Книга От любви до ненависти, страница 23. Автор книги Елена Белкина

Разделитель для чтения книг в онлайн библиотеке

Онлайн книга «От любви до ненависти»

Cтраница 23

Я встала:

— Наверху, как я понимаю, спальни? Какую нам выделили?

— Я в общем-то…

— Пойдемте.

Я повела его, будто это был мой собственный дом. На втором этаже из нескольких дверей одна — оказалась открытой. Чтобы путаницы не возникло.

Мы вошли в эту комнату.

Ну, естественно, плюш, бархат, ковры, пятиспальная кровать. И душик даже есть маленький, и туалет крошечный. Все удобства, блин.

На столике у кровати — фрукты и шампанское. И тихая музыка звучит.

Это надо сделать, повторяла я себе. Надо сделать.

Выключила весь свет, кроме одного торшера в углу, с глухим абажуром (чтобы все-таки видел меня), разделась, встала перед ним, руки закинула, поправляя волосы.

Он издал что-то вроде рычания, скинул халат и набросился на меня.

Каждая женщина думает о себе: уж меня-то не изнасилуют. Не смогут.

Нет, то есть бывают случаи, когда нож к горлу или пистолет. Но я всегда недоумевала, как это можно дать себя кому-то против своей воли, если он не преступный насильник с пистолетом, а просто лезет напролом? Каким бы он ни был сильным и большим, у тебя есть локти, ногти, коленки, зубы, царапайся, кусайся, бей его коленками в уязвимые места.

На практике оказалось иначе.

Как только он повалил меня, вдруг накатила тошнотворная волна отвращения, и я начала отбиваться. Он опять зарычал (похоже, от предвкушения). Не успела я пустить в ход ни коленки, ни ногти, ни локти, ни зубы. Руки оказались завернуты на спину и придавлены двумя телами — его и моим; беспомощные коленки он с такой силой раздвигал своими лапами, будто хотел разломить меня; жаждущие зубы грызли воздух, потому что мое лицо он своротил набок своей мощной мордой, прижал к подушке.
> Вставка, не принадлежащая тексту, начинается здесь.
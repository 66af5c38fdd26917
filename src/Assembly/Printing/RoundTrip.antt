-- ===== src/Assembly/Printing/RoundTrip.antt =====
-- `String` of a line and `tokenizeLine`, one after the other.
use mips.Prelude.{◌≡◌, refl, sym, ap, ◌∙◌, subst, String, none, some, true, inl, inr, Option-cases}
use mips.Isa.{ok, bind-ok, ok-injective}
use mips.Assembly.Token.{TokenizedLine, no_line}
use mips.Assembly.Reading.Texts.{trim_left, trim_right, trim_space, is_space}
use mips.Assembly.Reading.Lexer.{split_comment, tokenize_code, tokenize_line}
use mips.Assembly.Printing.Numerals.{◌+++◌}
use mips.Assembly.Printing.Text.{comment_string, line_string}
use mips.Assembly.Printing.Strings.{all_of-append, append_assoc, append_empty}
use mips.Assembly.Printing.Trimming.{
  no_mark, trim_right-append, trim_right-space, split_comment-none, split_comment-append,
}
use mips.Assembly.Printing.Code.{Reads}
use mips.Assembly.Printing.Found.{split_comment-trim_space}
use mips.Assembly.Printing.Lines.{Printed, is_known, tokenize_code-Printed}

-- a line by its steps
line_by :
    (s trimmed : String) (line : TokenizedLine)
    → trim_space s ≡ trimmed
    → split_comment trimmed ≡ none
    → tokenize_code trimmed ≡ ok line
    → tokenize_line s ≡ ok line
unfolding tokenize_line
line_by s trimmed line trim split read =
    rw (ap split_comment trim ∙ split, tokenize_line) (ap tokenize_code trim ∙ read)

commented_by :
    (s trimmed before c : String) (line : TokenizedLine)
    → trim_space s ≡ trimmed
    → split_comment trimmed ≡ some (before, c)
    → tokenize_code (trim_space before) ≡ ok line
    → tokenize_line s ≡ ok (record line { comment = some c })
unfolding tokenize_line
commented_by s trimmed before c line trim split read =
    rw (trim, tokenize_line) (rw split (rw read refl))

trim_right-comment : (c : String) → trim_right c ≡ c → trim_right ("#" +++ c) ≡ ("#" +++ c)
unfolding trim_right ◌+++◌ is_space
trim_right-comment String.[] h = refl
trim_right-comment (String.◌∷◌ d c) h = rw h refl

module _ (text : String) (line : TokenizedLine) (reads : Reads text line) where
  text_left : trim_left text ≡ text
  text_left = ap trim_left (sym (append_empty text)) ∙ reads.left "" ∙ append_empty text

  pub tokenize_line-bare : tokenize_line text ≡ ok line
  unfolding trim_space
  tokenize_line-bare =
      line_by text text line (ap trim_right text_left ∙ reads.right)
        (split_comment-none text reads.unmarked) reads.read

  spaced : trim_space (text +++ " ") ≡ text
  unfolding trim_space
  spaced = ap trim_right (reads.left " ") ∙ trim_right-space text ∙ reads.right

  pub tokenize_line-commented :
      (c : String)
      → trim_right c ≡ c
      → tokenize_line (text +++ " #" +++ c) ≡ ok (record line { comment = some c })
  unfolding trim_space ◌+++◌
  tokenize_line-commented c stable =
      let whole = text +++ " #" +++ c in
      commented_by whole whole (text +++ " ") c line
        (ap trim_right (reads.left (" #" +++ c))
          ∙ trim_right-append text (" #" +++ c) refl
              (trim_right-append " " ("#" +++ c) refl (trim_right-comment c stable)))
        (ap split_comment (sym (append_assoc text " " ("#" +++ c)))
          ∙ split_comment-append (text +++ " ") c
              (all_of-append no_mark text " " reads.unmarked refl))
        (ap tokenize_code spaced ∙ reads.read)

-- a line that is only a comment
tokenize_line-comment :
    (c : String)
    → trim_right c ≡ c
    → tokenize_line (line_string (record no_line { comment = some c }))
      ≡ ok (record no_line { comment = some c })
unfolding line_string ◌+++◌ trim_space trim_left is_space tokenize_code
tokenize_line-comment c stable =
    commented_by ("#" +++ c) ("#" +++ c) String.[] c no_line (trim_right-comment c stable)
      (split_comment-append String.[] c refl) refl

tokenize_line-empty : tokenize_line (line_string no_line) ≡ ok no_line
unfolding tokenize_line line_string tokenize_code
tokenize_line-empty = refl

pub Printed-bare :
    (line : TokenizedLine) → Printed line → tokenize_line (line_string line) ≡ ok line
unfolding comment_string
Printed-bare line p =
    ap tokenize_line (ap line_string (sym p.bare) ∙ p.printed none ∙ append_empty p.text)
    ∙ tokenize_line-bare p.text line p.reads

Printed-commented :
    (line : TokenizedLine) (c : String)
    → Printed line
    → trim_right c ≡ c
    → tokenize_line (line_string (record line { comment = some c }))
      ≡ ok (record line { comment = some c })
unfolding comment_string
Printed-commented line c p stable =
    ap tokenize_line (p.printed (some c)) ∙ tokenize_line-commented p.text line p.reads c stable

-- A text that is tokenized as a line, whose instruction, if it has one, matches a template: the line
-- is printed as a text that is tokenized as the same line, with its comment, directive, instruction
-- with all arguments, and symbol. (`String` marks an instruction without a template as
-- unrecognized, so such a line is not covered.)
pub tokenize_line-line_string :
    (line_text : String) (line : TokenizedLine)
    → tokenize_line line_text ≡ ok line
    → is_known line ≡ true
    → tokenize_line (line_string line) ≡ ok line
unfolding tokenize_line
tokenize_line-line_string s line h known = elim (Option-cases (split_comment (trim_space s))) [
  | inl bare ↦
      elim (tokenize_code-Printed (trim_space s) line (rw (bare, tokenize_line) at h) known) [
        | inl nothing ↦
            subst (λ l. tokenize_line (line_string l) ≡ ok l) (sym nothing) tokenize_line-empty
        | inr p ↦ Printed-bare line p
      ]
  | inr (m, found) ↦
      let stable = split_comment-trim_space s m found in
      let (l, read, made) =
        bind-ok (tokenize_code (trim_space m.0)) _ line (rw (found, tokenize_line) at h) in
      let same : record l { comment = some m.1 } ≡ line = ok-injective _ line made in
      let known_l : is_known l ≡ true = rw (sym same) at known in
      subst (λ k. tokenize_line (line_string k) ≡ ok k) same
        (elim (tokenize_code-Printed (trim_space m.0) l read known_l) [
          | inl nothing ↦
              subst
                (λ k.
                  tokenize_line (line_string (record k { comment = some m.1 }))
                  ≡ ok (record k { comment = some m.1 }))
                (sym nothing) (tokenize_line-comment m.1 stable)
          | inr p ↦ Printed-commented l m.1 p stable
        ])
]
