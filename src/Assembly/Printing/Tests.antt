-- ===== src/Assembly/Printing/Tests.antt =====
-- Lines printed.
use mips.Prelude.{◌≡◌, refl, [], ◌∷◌, some, true}
use mips.Assembly.Token.{no_token, no_line, TokenizedLine}
use mips.Assembly.Render.{constant_token}
use mips.Assembly.Printing.Numerals.{format_uint, format_int}
use mips.Assembly.Printing.Text.{line_string}

format_uint-hex : format_uint 16 0xfe01 ≡ "fe01"
unfolding format_uint
format_uint-hex = refl

format_int-negative : format_int 16 10 0xfffc ≡ "-4"
unfolding format_int format_uint
format_int-negative = refl

abbrev load : TokenizedLine
load = record no_line {
  instruction = some (record {
    name = "LW";
    arguments =
        record no_token { is_register = true; register = 31 }
        ∷ record no_token { is_memory = true; mem_register = 29; mem_offset = 0xfffc }
        ∷ [];
  });
  comment = some " reload";
}

line_string-load : line_string load ≡ "LW $31, -4($29) # reload"
unfolding line_string format_uint format_int
line_string-load = refl

abbrev branch : TokenizedLine
branch = record no_line {
  instruction = some (record {
    name = "BGTZ";
    arguments =
        record no_token { is_register = true; register = 0 } ∷ constant_token 0xfffffff8 ∷ [];
  });
}

line_string-branch : line_string branch ≡ "BGTZ $0, -8"
unfolding line_string format_uint format_int
line_string-branch = refl

line_string-comment : line_string (record no_line { comment = some "x" }) ≡ "#x"
unfolding line_string format_uint format_int
line_string-comment = refl
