-- ===== src/Assembly/Reading.antt =====
-- Reading tokens, arg_token.go.
pub mod Registers
pub mod Numbers
pub mod Tokens
pub mod Bounds
pub mod Texts
pub mod Lexer
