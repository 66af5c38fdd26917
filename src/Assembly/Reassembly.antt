-- ===== src/Assembly/Reassembly.antt =====
-- What a disassembled word or a parsed instruction comes to when it is rendered and read again.
pub mod Reads
pub mod Constants
pub mod Registers
pub mod Accepted
pub mod Parsed
pub mod Whole
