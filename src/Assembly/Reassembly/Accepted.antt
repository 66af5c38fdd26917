-- ===== src/Assembly/Reassembly/Accepted.antt =====
-- The tokens that a template accepts, and what is asked of an instruction that is filled from them.
use mips.Prelude.{
  ℕ, ◌≡◌, String, List, [], ◌∷◌, Bool, true, arith, length, some, bit_and, ◌==◌, inl, inr,
  Bool-cases,
}
use mips.Isa.{Instruction, instruction, CodePointer, no_pointer, ok, u16, sext16, ◌<<◌, ◌>>>◌}
use mips.Assembly.Token.{
  ArgToken, TokenizedLine, relative_code_pointer_of, absolute_code_pointer_of,
}
use mips.Assembly.Template.{Template, accepts_all}
use mips.Assembly.Parse.{fill_all}
use mips.Assembly.Render.{render}
use mips.Assembly.Lines.{line_instruction}

-- The line that an instruction is rendered as is read as the instruction.
abbrev pub Rereads : Instruction → Type 0
Rereads i = (line : TokenizedLine) × (render i ≡ ok line) × (line_instruction line ≡ some (ok i))

-- whatever tokens a template accepts
abbrev pub Parsed : Template → Type 0
Parsed t =
    (ts : List ArgToken)
    → length t.arguments ≡ length ts
    → accepts_all t.arguments ts ≡ true
    → Rereads (fill_all t.arguments ts (instruction t.name []))

module _ (Q : List ArgToken → Type 0) where
  pub no_tokens : Q [] → (ts : List ArgToken) → 0 ≡ length ts → Q ts
  no_tokens q [] h = q
  no_tokens q (a ∷ ts) h = absurd (omega (arith, h))

  pub one_token : ((a : ArgToken) → Q (a ∷ [])) → (ts : List ArgToken) → 1 ≡ length ts → Q ts
  one_token q [] h = absurd (omega (arith, h))
  one_token q (a ∷ []) h = q a
  one_token q (a ∷ b ∷ ts) h = absurd (omega (arith, h))

  pub two_tokens : ((a b : ArgToken) → Q (a ∷ b ∷ [])) → (ts : List ArgToken) → 2 ≡ length ts → Q ts
  two_tokens q [] h = absurd (omega (arith, h))
  two_tokens q (a ∷ []) h = absurd (omega (arith, h))
  two_tokens q (a ∷ b ∷ []) h = q a b
  two_tokens q (a ∷ b ∷ c ∷ ts) h = absurd (omega (arith, h))

  pub three_tokens :
      ((a b c : ArgToken) → Q (a ∷ b ∷ c ∷ [])) → (ts : List ArgToken) → 3 ≡ length ts → Q ts
  three_tokens q [] h = absurd (omega (arith, h))
  three_tokens q (a ∷ []) h = absurd (omega (arith, h))
  three_tokens q (a ∷ b ∷ []) h = absurd (omega (arith, h))
  three_tokens q (a ∷ b ∷ c ∷ []) h = q a b c
  three_tokens q (a ∷ b ∷ c ∷ d ∷ ts) h = absurd (omega (arith, h))

pub absolute_cases :
    (F : CodePointer → Instruction) (t : ArgToken)
    → (absolute_code_pointer_of t).1 ≡ true
    → ((c : ℕ) → Rereads (F (record no_pointer { absolute = true; constant = c })))
    → ((s : String)
        → Rereads (F (record no_pointer { absolute = true; is_symbol = true; symbol = s })))
    → Rereads (F (absolute_code_pointer_of t).0)
unfolding absolute_code_pointer_of
absolute_cases F t h by_constant by_symbol = elim (Bool-cases t.is_constant) [
  | inl number ↦ rw (number, absolute_code_pointer_of) (by_constant t.constant)
  | inr other ↦ elim (Bool-cases t.is_symbol) [
    | inl named ↦ rw (other, named, absolute_code_pointer_of) (by_symbol t.symbol)
    | inr neither ↦ let q = rw (other, neither, absolute_code_pointer_of) at h in absurd (cc)
  ]
]

-- what a branch can reach
abbrev pub reachable : ℕ → Bool
reachable c = sext16 (u16 (c >>> 2)) << 2 == bit_and c 0xfffffffc

pub relative_cases :
    (F : CodePointer → Instruction) (t : ArgToken)
    → (relative_code_pointer_of t).1 ≡ true
    → ((c : ℕ) → reachable c ≡ true → Rereads (F (record no_pointer { constant = c })))
    → ((s : String) → Rereads (F (record no_pointer { is_symbol = true; symbol = s })))
    → Rereads (F (relative_code_pointer_of t).0)
unfolding relative_code_pointer_of
relative_cases F t h by_constant by_symbol = elim (Bool-cases t.is_constant) [
  | inl number ↦ elim (Bool-cases (reachable t.constant)) [
    | inl near ↦ rw (number, near, relative_code_pointer_of) (by_constant t.constant near)
    | inr far ↦ let q = rw (number, far, relative_code_pointer_of) at h in absurd (cc)
  ]
  | inr other ↦ elim (Bool-cases t.is_symbol) [
    | inl named ↦ rw (other, named, relative_code_pointer_of) (by_symbol t.symbol)
    | inr neither ↦ let q = rw (other, neither, relative_code_pointer_of) at h in absurd (cc)
  ]
]
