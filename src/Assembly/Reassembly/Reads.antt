-- ===== src/Assembly/Reassembly/Reads.antt =====
-- What it means that a rendered instruction is read again.
use mips.Prelude.{ℕ, ◌^◌, ◌<◌, ◌≡◌, refl, some}
use mips.Isa.{Instruction, ok, add32}
use mips.Coding.Target.{SymbolTable}
use mips.Coding.Encode.{encode}
use mips.Assembly.Token.{TokenizedLine}
use mips.Assembly.Render.{render}
use mips.Assembly.Lines.{line_instruction}

-- The line that an instruction is rendered as is read as one with the same encoding.
pub record Reads (i : Instruction) : Type 0 where
  pub line : TokenizedLine
  pub back : Instruction
  pub rendered : render i ≡ ok line
  pub read : line_instruction line ≡ some (ok back)
  pub same :
      (inst_addr : ℕ) (symbols : SymbolTable)
      → add32 inst_addr 4 < 2 ^ 28
      → encode back inst_addr symbols ≡ encode i inst_addr symbols

-- An instruction that is read as it was.
pub unchanged :
    {i : Instruction} (line : TokenizedLine)
    → render i ≡ ok line
    → line_instruction line ≡ some (ok i)
    → Reads i
unchanged {i} line rendered read = record {
  line = line;
  back = i;
  rendered = rendered;
  read = read;
  same = λ _ _ _. refl;
}
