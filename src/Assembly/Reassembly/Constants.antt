-- ===== src/Assembly/Reassembly/Constants.antt =====
-- Instructions with a constant of 16 bits, and branches.
use mips.Prelude.{ℕ, ◌^◌, ◌<◌, ◌≡◌, ◌∙◌, sym, refl, ap, arith, [], ◌∷◌, All, bit_or}
use mips.Bits.Fields.{bit_or-zero, bit_or_twice, bit_and_high}
use mips.Isa.{ok, sext16, u16, ◌<<◌}
use mips.Coding.Tables.{two_operand_immediate_opcodes}
use mips.Coding.Decode.{Fields, immediate_instruction, lui_instruction, branch_instruction}
use mips.Coding.Encode.{encode, immediate_word}
use mips.Coding.Families.{two_register_branches, one_register_branches}
use mips.Assembly.Parse.{parse_tokenized_instruction}
use mips.Assembly.Render.{render}
use mips.Assembly.Lines.{line_instruction}
use mips.Assembly.Reassembly.Reads.{Reads, unchanged}

module _ (f : Fields) (immediate-lt : f.immediate < 2 ^ 16) where
  pub two_branches-Reads :
      All
        (λ n. Reads (branch_instruction f n (f.register_s ∷ f.register_t ∷ [])))
        two_register_branches
  unfolding branch_instruction render line_instruction parse_tokenized_instruction
  two_branches-Reads = (
    unchanged _ refl (ground (arith, bit_and_high 30 2 (sext16 f.immediate << 2))),
    (unchanged _ refl (ground (arith, bit_and_high 30 2 (sext16 f.immediate << 2))), tt),
  )

  pub one_branches-Reads :
      All (λ n. Reads (branch_instruction f n (f.register_s ∷ []))) one_register_branches
  unfolding branch_instruction render line_instruction parse_tokenized_instruction
  one_branches-Reads = (
    unchanged _ refl (ground (arith, bit_and_high 30 2 (sext16 f.immediate << 2))),
    (
      unchanged _ refl (ground (arith, bit_and_high 30 2 (sext16 f.immediate << 2))),
      (
        unchanged _ refl (ground (arith, bit_and_high 30 2 (sext16 f.immediate << 2))),
        (unchanged _ refl (ground (arith, bit_and_high 30 2 (sext16 f.immediate << 2))), tt),
      ),
    ),
  )

  -- `Encode` joins both constants of a decoded instruction, which are equal.
  again :
      (x : ℕ)
      → bit_or x (u16 f.immediate) ≡ bit_or (bit_or x (u16 (u16 f.immediate))) (u16 f.immediate)
  again x =
      sym (bit_or_twice x (u16 f.immediate))
      ∙ ap (λ t. bit_or (bit_or x t) (u16 f.immediate)) (omega arith)

  signed_again :
      (x : ℕ)
      → bit_or (bit_or x (u16 (u16 f.immediate))) 0
        ≡ bit_or (bit_or x (u16 (u16 f.immediate))) (u16 f.immediate)
  signed_again x = bit_or-zero _ ∙ ap (λ t. bit_or x t) (omega arith) ∙ again x

  unsigned_again :
      (x : ℕ)
      → bit_or (bit_or x 0) (u16 f.immediate)
        ≡ bit_or (bit_or x (u16 (u16 f.immediate))) (u16 f.immediate)
  unsigned_again x = ap (λ t. bit_or t (u16 f.immediate)) (bit_or-zero x) ∙ again x

  pub immediate-Reads : All (λ e. Reads (immediate_instruction f e.1)) two_operand_immediate_opcodes
  unfolding two_operand_immediate_opcodes immediate_instruction encode immediate_word render
      line_instruction parse_tokenized_instruction
  immediate-Reads = (
    record {
      line = _;
      back = record (immediate_instruction f "ADDIU") { unsigned_constant16 = 0 };
      rendered = refl;
      read = ground arith;
      same = λ _ _ _. ap ok (signed_again _);
    },
    (
      record {
        line = _;
        back = record (immediate_instruction f "ANDI") { signed_constant16 = 0 };
        rendered = refl;
        read = ground (arith, bit_and_high 16 16 (u16 f.immediate));
        same = λ _ _ _. ap ok (unsigned_again _);
      },
      (
        record {
          line = _;
          back = record (immediate_instruction f "ORI") { signed_constant16 = 0 };
          rendered = refl;
          read = ground (arith, bit_and_high 16 16 (u16 f.immediate));
          same = λ _ _ _. ap ok (unsigned_again _);
        },
        (
          record {
            line = _;
            back = record (immediate_instruction f "SLTI") { unsigned_constant16 = 0 };
            rendered = refl;
            read = ground arith;
            same = λ _ _ _. ap ok (signed_again _);
          },
          (
            record {
              line = _;
              back = record (immediate_instruction f "SLTIU") { unsigned_constant16 = 0 };
              rendered = refl;
              read = ground arith;
              same = λ _ _ _. ap ok (signed_again _);
            },
            (
              record {
                line = _;
                back = record (immediate_instruction f "XORI") { signed_constant16 = 0 };
                rendered = refl;
                read = ground (arith, bit_and_high 16 16 (u16 f.immediate));
                same = λ _ _ _. ap ok (unsigned_again _);
              },
              tt,
            ),
          ),
        ),
      ),
    ),
  )

  pub upper-Reads : Reads (lui_instruction f)
  unfolding lui_instruction render line_instruction parse_tokenized_instruction
  upper-Reads = unchanged _ refl (ground (arith, bit_and_high 16 16 (u16 f.immediate)))
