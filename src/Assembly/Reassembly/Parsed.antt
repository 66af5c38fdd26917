-- ===== src/Assembly/Reassembly/Parsed.antt =====
-- An instruction that is parsed from tokens, rendered and read again.
use mips.Prelude.{
  ◌≡◌, refl, subst, List, [], ◌∷◌, Bool, true, false, arith, All, length, some, ◌||◌, str_eq,
  eq_iff, inl, inr, Bool-cases,
}
use mips.Bits.Fields.{bit_and_high}
use mips.Isa.{Instruction, instruction, ok, ok-injective, u16}
use mips.Assembly.Token.{TokenizedInstruction, TokenizedLine}
use mips.Assembly.Template.{Template, templates, accepts_all, match}
use mips.Assembly.Parse.{fill_all, parse_from, parse_tokenized_instruction}
use mips.Assembly.Render.{render}
use mips.Assembly.Lines.{line_instruction}
use mips.Assembly.Reassembly.Accepted.{
  Rereads, Parsed, no_tokens, one_token, two_tokens, three_tokens, absolute_cases, relative_cases,
}

-- one more template
abbrev ◌and_for◌ {ℓ κ} : {A : Type ℓ} {B : Type κ} → A → B → A × B
a and_for b = (a, b)

infixr 4 ◌and_for◌
templates-Parsed : All Parsed templates
unfolding templates accepts_all fill_all render line_instruction parse_tokenized_instruction
templates-Parsed =
    (no_tokens _ (λ _. (_, refl, refl)))
    and_for (three_tokens _ (λ a b c h. (_, refl, ground arith)))
    and_for (three_tokens _ (λ a b c _. (_, refl, refl)))
    and_for (three_tokens _ (λ a b c _. (_, refl, refl)))
    and_for (three_tokens _
        (λ a b c h. (_, refl, ground (arith, bit_and_high 16 16 (u16 c.constant)))))
    and_for (three_tokens _ (λ a b c h.
        relative_cases
          (λ p. record (instruction "BEQ" (a.register ∷ b.register ∷ [])) { code_pointer = p }) c
          (ground arith) (λ k near. (_, refl, ground (arith, near))) (λ s. (_, refl, refl))))
    and_for (two_tokens _ (λ a b h.
        relative_cases (λ p. record (instruction "BGEZ" (a.register ∷ [])) { code_pointer = p }) b
          (ground arith) (λ k near. (_, refl, ground (arith, near))) (λ s. (_, refl, refl))))
    and_for (two_tokens _ (λ a b h.
        relative_cases (λ p. record (instruction "BGTZ" (a.register ∷ [])) { code_pointer = p }) b
          (ground arith) (λ k near. (_, refl, ground (arith, near))) (λ s. (_, refl, refl))))
    and_for (two_tokens _ (λ a b h.
        relative_cases (λ p. record (instruction "BLEZ" (a.register ∷ [])) { code_pointer = p }) b
          (ground arith) (λ k near. (_, refl, ground (arith, near))) (λ s. (_, refl, refl))))
    and_for (two_tokens _ (λ a b h.
        relative_cases (λ p. record (instruction "BLTZ" (a.register ∷ [])) { code_pointer = p }) b
          (ground arith) (λ k near. (_, refl, ground (arith, near))) (λ s. (_, refl, refl))))
    and_for (three_tokens _ (λ a b c h.
        relative_cases
          (λ p. record (instruction "BNE" (a.register ∷ b.register ∷ [])) { code_pointer = p }) c
          (ground arith) (λ k near. (_, refl, ground (arith, near))) (λ s. (_, refl, refl))))
    and_for (one_token _ (λ a h.
        absolute_cases (λ p. record (instruction "J" ([])) { code_pointer = p }) a (ground arith)
          (λ k. (_, refl, refl)) (λ s. (_, refl, refl))))
    and_for (one_token _ (λ a h.
        absolute_cases (λ p. record (instruction "JAL" ([])) { code_pointer = p }) a (ground arith)
          (λ k. (_, refl, refl)) (λ s. (_, refl, refl))))
    and_for (one_token _ (λ a _. (_, refl, refl)))
    and_for (two_tokens _ (λ a b _. (_, refl, refl)))
    and_for (one_token _ (λ a _. (_, refl, refl)))
    and_for (two_tokens _ (λ a b _. (_, refl, refl)))
    and_for (two_tokens _ (λ a b _. (_, refl, refl)))
    and_for (two_tokens _ (λ a b _. (_, refl, refl)))
    and_for (two_tokens _ (λ a b _. (_, refl, refl)))
    and_for (two_tokens _ (λ a b _. (_, refl, refl)))
    and_for (two_tokens _ (λ a b h. (_, refl, ground (arith, bit_and_high 16 16 (u16 b.constant)))))
    and_for (three_tokens _ (λ a b c _. (_, refl, refl)))
    and_for (three_tokens _ (λ a b c _. (_, refl, refl)))
    and_for (three_tokens _ (λ a b c _. (_, refl, refl)))
    and_for (three_tokens _ (λ a b c _. (_, refl, refl)))
    and_for (three_tokens _
        (λ a b c h. (_, refl, ground (arith, bit_and_high 16 16 (u16 c.constant)))))
    and_for (three_tokens _ (λ a b c h. (_, refl, ground arith)))
    and_for (three_tokens _ (λ a b c _. (_, refl, refl)))
    and_for (three_tokens _ (λ a b c _. (_, refl, refl)))
    and_for (three_tokens _ (λ a b c h. (_, refl, ground arith)))
    and_for (three_tokens _ (λ a b c h. (_, refl, ground arith)))
    and_for (three_tokens _ (λ a b c _. (_, refl, refl)))
    and_for (three_tokens _ (λ a b c h. (_, refl, ground arith)))
    and_for (three_tokens _ (λ a b c _. (_, refl, refl)))
    and_for (three_tokens _ (λ a b c h. (_, refl, ground arith)))
    and_for (three_tokens _ (λ a b c _. (_, refl, refl)))
    and_for (three_tokens _ (λ a b c _. (_, refl, refl)))
    and_for (three_tokens _ (λ a b c _. (_, refl, refl)))
    and_for (three_tokens _
        (λ a b c h. (_, refl, ground (arith, bit_and_high 16 16 (u16 c.constant)))))
    and_for tt

match_lem :
    (template : Template) (t : TokenizedInstruction)
    → match template t ≡ true
    → (template.name ≡ t.name)
      × (length template.arguments ≡ length t.arguments)
      × (accepts_all template.arguments t.arguments ≡ true)
unfolding match
match_lem template t h =
    (ground (arith, h, eq_iff template.name t.name), ground (arith, h), ground (arith, h))

parse_from-Rereads :
    (valid_name : Bool) (ts : List Template) (t : TokenizedInstruction) (i : Instruction)
    → All Parsed ts
    → parse_from valid_name ts t ≡ ok i
    → Rereads i
unfolding parse_from
parse_from-Rereads valid_name [] t i all h = elim (Bool-cases valid_name) [
  | inl valid ↦ let q = rw valid at h in absurd (cc)
  | inr unknown ↦ let q = rw unknown at h in absurd (cc)
]
parse_from-Rereads valid_name (template ∷ rest) t i all h = elim (Bool-cases (match template t)) [
  | inr other ↦
      parse_from-Rereads (valid_name || str_eq template.name t.name) rest t i all.1 (rw other at h)
  | inl here ↦
      let (named, sized, accepted) = match_lem template t here in
      subst Rereads (ok-injective _ i (rw here at h)) (
        subst (λ n. Rereads (fill_all template.arguments t.arguments (instruction n []))) named
          (all.0 t.arguments sized accepted))
]

-- An instruction that `ParseTokenizedInstruction` makes, from whatever tokens, is rendered as a line
-- without an error, and that line is read as the same instruction, with its registers, constants,
-- memory reference and label or address.
pub render-parse_tokenized_instruction :
    (t : TokenizedInstruction) (i : Instruction)
    → parse_tokenized_instruction t ≡ ok i
    → (line : TokenizedLine) × (render i ≡ ok line) × (line_instruction line ≡ some (ok i))
unfolding parse_tokenized_instruction
render-parse_tokenized_instruction t i h = parse_from-Rereads false templates t i templates-Parsed h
Говорят, есть женщины, от подобного насилия даже впадающие в экстаз.

Я оказалась не из таких.

Правда, когда он освободил мои руки и колени и я могла начать сопротивляться, смысла в этом уже не было.

Я думала, он выскажет претензии: сама заманила, а потом кочевряжится. Но он, наверное, просто принял все за хитроумную тактику хитроумной гетеры (во, блин, какие слова на ум идут!), которая сопротивлением возбуждает партнера.

Недаром же он, удовлетворенный, одобрительно похлопал меня по щечке:

— У-у-у, тигрица!

И, слава богу, вскоре захрапел.

Я не меньше часа простояла под душем, потом оделась — полностью, скукожилась на краешке и полночи проплакала.

Вот уж теперь я точно стерва, думала я. Окончательная.


Мне даже захотелось посмотреть, что это слово у Даля означает. Дома я достала словарь, нашла, прочитала: «СТЕРВА ж., стерво. Падаль, мертвечина, дохлятина…» Современного значения у слова не было.

Падаль, думала я. Очень точно. Упавшая.

Но мертвечина — нет.

Дохлятина — нет!

Нет, блин, я хочу еще жить, я буду счастливой наперекор всему! — и даже наперекор себе!


Но сказать легче, чем сделать.

На меня напала хандра. Я приняла ее как реакцию на бурные события последнего времени. Можно было бы взять отпуск или просто неделю за свой счет. Отдохнуть.

Но как отдохнуть, где?

Ехать я никуда не хотела.

Сидеть дома (лежать) и читать книги? Не хотела.

Станет только хуже.

Наоборот, надо занять себя работой, работой и работой.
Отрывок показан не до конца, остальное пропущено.